»»
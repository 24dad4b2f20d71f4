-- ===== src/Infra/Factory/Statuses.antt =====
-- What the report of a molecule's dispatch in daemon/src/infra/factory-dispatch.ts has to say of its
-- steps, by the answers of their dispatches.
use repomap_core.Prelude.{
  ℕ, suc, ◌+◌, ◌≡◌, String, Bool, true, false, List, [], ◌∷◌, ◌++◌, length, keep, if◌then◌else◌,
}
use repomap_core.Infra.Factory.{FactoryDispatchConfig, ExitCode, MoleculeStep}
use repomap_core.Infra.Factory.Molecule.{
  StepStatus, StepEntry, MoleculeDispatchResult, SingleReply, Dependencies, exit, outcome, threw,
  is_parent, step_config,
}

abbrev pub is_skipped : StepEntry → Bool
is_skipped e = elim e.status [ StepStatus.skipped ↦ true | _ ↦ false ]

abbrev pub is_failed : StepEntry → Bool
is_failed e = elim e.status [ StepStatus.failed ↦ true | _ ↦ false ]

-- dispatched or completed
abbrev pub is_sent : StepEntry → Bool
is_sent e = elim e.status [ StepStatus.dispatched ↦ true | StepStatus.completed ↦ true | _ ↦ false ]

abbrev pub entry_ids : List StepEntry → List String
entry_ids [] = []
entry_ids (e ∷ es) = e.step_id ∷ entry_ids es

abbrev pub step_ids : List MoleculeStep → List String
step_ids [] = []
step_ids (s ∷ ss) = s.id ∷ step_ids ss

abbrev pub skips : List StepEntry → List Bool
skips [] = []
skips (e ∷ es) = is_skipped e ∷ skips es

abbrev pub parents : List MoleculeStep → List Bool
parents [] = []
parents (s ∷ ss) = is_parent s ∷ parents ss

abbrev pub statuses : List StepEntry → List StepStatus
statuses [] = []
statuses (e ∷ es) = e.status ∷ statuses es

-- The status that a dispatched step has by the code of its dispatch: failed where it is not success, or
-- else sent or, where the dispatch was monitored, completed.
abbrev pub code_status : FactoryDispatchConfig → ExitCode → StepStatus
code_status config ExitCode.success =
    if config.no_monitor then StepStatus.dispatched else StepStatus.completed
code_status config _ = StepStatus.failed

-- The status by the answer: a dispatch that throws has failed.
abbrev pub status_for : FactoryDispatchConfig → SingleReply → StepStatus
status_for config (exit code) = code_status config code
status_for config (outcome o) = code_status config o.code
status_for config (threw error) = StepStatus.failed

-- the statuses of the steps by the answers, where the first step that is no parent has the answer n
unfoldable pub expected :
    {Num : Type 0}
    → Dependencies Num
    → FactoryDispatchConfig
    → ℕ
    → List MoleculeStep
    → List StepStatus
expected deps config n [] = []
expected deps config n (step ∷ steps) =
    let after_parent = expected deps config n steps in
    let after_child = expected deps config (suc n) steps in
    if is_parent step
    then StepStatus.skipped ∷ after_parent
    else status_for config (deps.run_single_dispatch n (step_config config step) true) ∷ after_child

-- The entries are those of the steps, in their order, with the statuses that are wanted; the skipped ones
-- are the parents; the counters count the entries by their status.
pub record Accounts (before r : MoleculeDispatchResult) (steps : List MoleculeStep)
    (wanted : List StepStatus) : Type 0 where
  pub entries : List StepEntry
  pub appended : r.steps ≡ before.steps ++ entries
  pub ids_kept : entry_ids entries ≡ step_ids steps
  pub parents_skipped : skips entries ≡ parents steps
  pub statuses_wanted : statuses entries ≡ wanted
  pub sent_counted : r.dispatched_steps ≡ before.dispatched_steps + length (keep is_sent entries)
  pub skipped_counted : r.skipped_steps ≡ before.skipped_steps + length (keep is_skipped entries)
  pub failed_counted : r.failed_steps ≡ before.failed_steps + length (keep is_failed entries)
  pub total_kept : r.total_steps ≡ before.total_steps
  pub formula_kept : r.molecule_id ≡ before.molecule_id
««
Go through the entries and return each line where the word "SingleReply" occurs.

  StepStatus, StepEntry, MoleculeDispatchResult, SingleReply, Dependencies, exit, outcome, threw,
abbrev pub status_for : FactoryDispatchConfig → SingleReply → StepStatus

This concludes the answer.